The ruling, and Mitterrand’s response, make it clear that the French ruling class is not afraid of nationalisation in itself – it has lived with it for a long time. But it is quite happy to use constitutional pretexts to squeeze more compensation out of Mitterrand and to give him a warning to stay on a moderate path. Committed as he is to the politics of parliamentarism and not of mass mobilisation, Mitterrand has no alternative but to conform. The government has recently made it clear that employees of nationalised companies will have no greater security of employment than those in private firms.

Meanwhile the government’s policies are having little visible effect in stemming inflation or the rise of unemployment. The government’s latest plans for price controls will have little more than cosmetic value.

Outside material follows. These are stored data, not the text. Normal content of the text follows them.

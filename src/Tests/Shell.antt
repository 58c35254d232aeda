-- ===== src/Tests/Shell.antt =====
-- The shell and its formatting helpers on concrete input.
use compute_kernel_python.Prelude.{
  ℕ, ◌+◌, ◌↔◌, String, ◌≡◌, refl, true, false, none, some, List, [], ◌∷◌, pos, length, All,
}
use compute_kernel_python.Prelude.Eq.{string_eq}
use compute_kernel_python.Prelude.Dict.{get}
use compute_kernel_python.Paths.{◌<>◌}
use compute_kernel_python.Text.{strip, words, upper, lower}
use compute_kernel_python.Text.Numbers.{sixteen, int_of, read_nat, read_digits, digit_of, show_ℤ}
use compute_kernel_python.Utils.{hex_addr, hex_short, table_lines, red, yellow, green}
use compute_kernel_python.Utils.Sizes.{int_of-hex_addr}
use compute_kernel_python.Utils.Tables.{OfLength, table_lines_lem}
use mathlib.Core.List.{Memᴰ}
use compute_kernel_python.Prelude.Dict.{Dict}
use compute_kernel_python.Teaching.{search}
use compute_kernel_python.Teaching.Search.{IsMentioned, search_iff}
use compute_kernel_python.Ipc.{sigterm}
use compute_kernel_python.Shell.{cmdloop, session_of, exited, parse_line}
use compute_kernel_python.Shell.Replies.{says_text}
use compute_kernel_python.Shell.Actions.{do_boot, do_step}
use compute_kernel_python.Shell.Services.{do_signal}
use compute_kernel_python.Shell.Running.{IsRunning}
use compute_kernel_python.Shell.Endings.{cmdloop_exits}
use compute_kernel_python.Shell.Runs.{cmdloop-IsRunning_start}
use compute_kernel_python.Shell.Answers.{boot_and_step_lem, signal_refused, after_lines}

int_of-hex_addr_example :
    (int_of sixteen (hex_addr (pos 18446603336221196288)) ≡ some (pos 18446603336221196288))
    × (int_of sixteen (hex_short (pos 18446603336221196288)) ≡ some (pos 18446603336221196288))
int_of-hex_addr_example = int_of-hex_addr 18446603336221196288

abbrev headers : List String
headers = "PID" ∷ "Name" ∷ []

abbrev rows : List (List String)
rows = ("1" ∷ "init" ∷ []) ∷ ("17" ∷ "kworker/0" ∷ []) ∷ []

table_lines_lem_example :
    (n : ℕ) × (ls : List String) × (table_lines headers rows none ≡ some ls)
    × (length ls ≡ length rows + 4)
    × All (OfLength n) ls
table_lines_lem_example = table_lines_lem headers rows (refl, (refl, tt))

abbrev typed : List String
typed = "syscall 1 57" ∷ "tick 3" ∷ "" ∷ []

cmdloop-IsRunning_start_example : IsRunning (cmdloop typed (session_of "release" false)).last
cmdloop-IsRunning_start_example = cmdloop-IsRunning_start "release" false typed

boot_and_step_lem_example :
    (do_boot "safe-mode" (after_lines "debug" true typed)
      ≡ says_text
          (yellow "Kernel already booted. Use 'reboot' to restart.")
          (after_lines "debug" true typed))
    × (do_step "safe-mode" (after_lines "debug" true typed)
        ≡ says_text (green "All boot stages complete.") (after_lines "debug" true typed))
boot_and_step_lem_example = boot_and_step_lem "debug" true typed "safe-mode"

signal_refused_example :
    do_signal "1 term" (after_lines "debug" true typed)
    ≡ says_text
        (red ("Failed to send signal to pid=" <> show_ℤ (pos 1)))
        (after_lines "debug" true typed)
unfolding words strip int_of get upper read_nat read_digits digit_of
signal_refused_example =
    signal_refused "debug" true typed "1 term" "1" "term" [] (pos 1) sigterm refl refl refl

abbrev lessons : Dict String String
lessons = ("scheduler", "A run queue and a time slice.") ∷ ("vfs", "A path is walked.") ∷ []

search_finds : search lessons "QUEUE" ≡ "scheduler" ∷ []
unfolding search lower
search_finds = refl

search_iff_example : Memᴰ "scheduler" (search lessons "QUEUE") ↔ (
    (text : String) × Memᴰ ("scheduler", text) lessons
    × IsMentioned (lower "QUEUE") "scheduler" text)
search_iff_example = search_iff lessons "QUEUE" "scheduler"

abbrev harmless : List String
harmless = "vfs write /tmp/a hello" ∷ "!ls" ∷ "tick many" ∷ "pipe" ∷ []

cmdloop_exits_example : (cmdloop harmless (session_of "safe_mode" true)).ending ≡ exited
unfolding parse_line strip
cmdloop_exits_example =
    cmdloop_exits harmless (session_of "safe_mode" true) (refl, (refl, (refl, (refl, tt))))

Another area where the government’s promises are turning out rather thin is its immigration policy. The government has ruled that immigrant workers without papers can regularise their situation; but to do so they have to produce contracts of employment. But in many cases the employers, who have been using their ‘illegal’ status to exploit them cruelly, will not provide such contracts. There have been a whole number of fierce struggles over this issue, with a number of large demonstrations and several factory occupations by immigrant workers designed to get the employers to concede.

In the absence of any lead from the left, the stage seems set for a drift to the right over the coming months. The Communist Party and the CGT are deeply divided by the Polish events and seem unlikely to offer a fighting lead. There were no revolutionary candidates in the recent by-elections, and neither the centrist PSU nor the ecologists registered any gains. As the fervour of the first few months of power evaporates, Mitterrand is beginning to walk the road trodden by Wilson and Callaghan before him.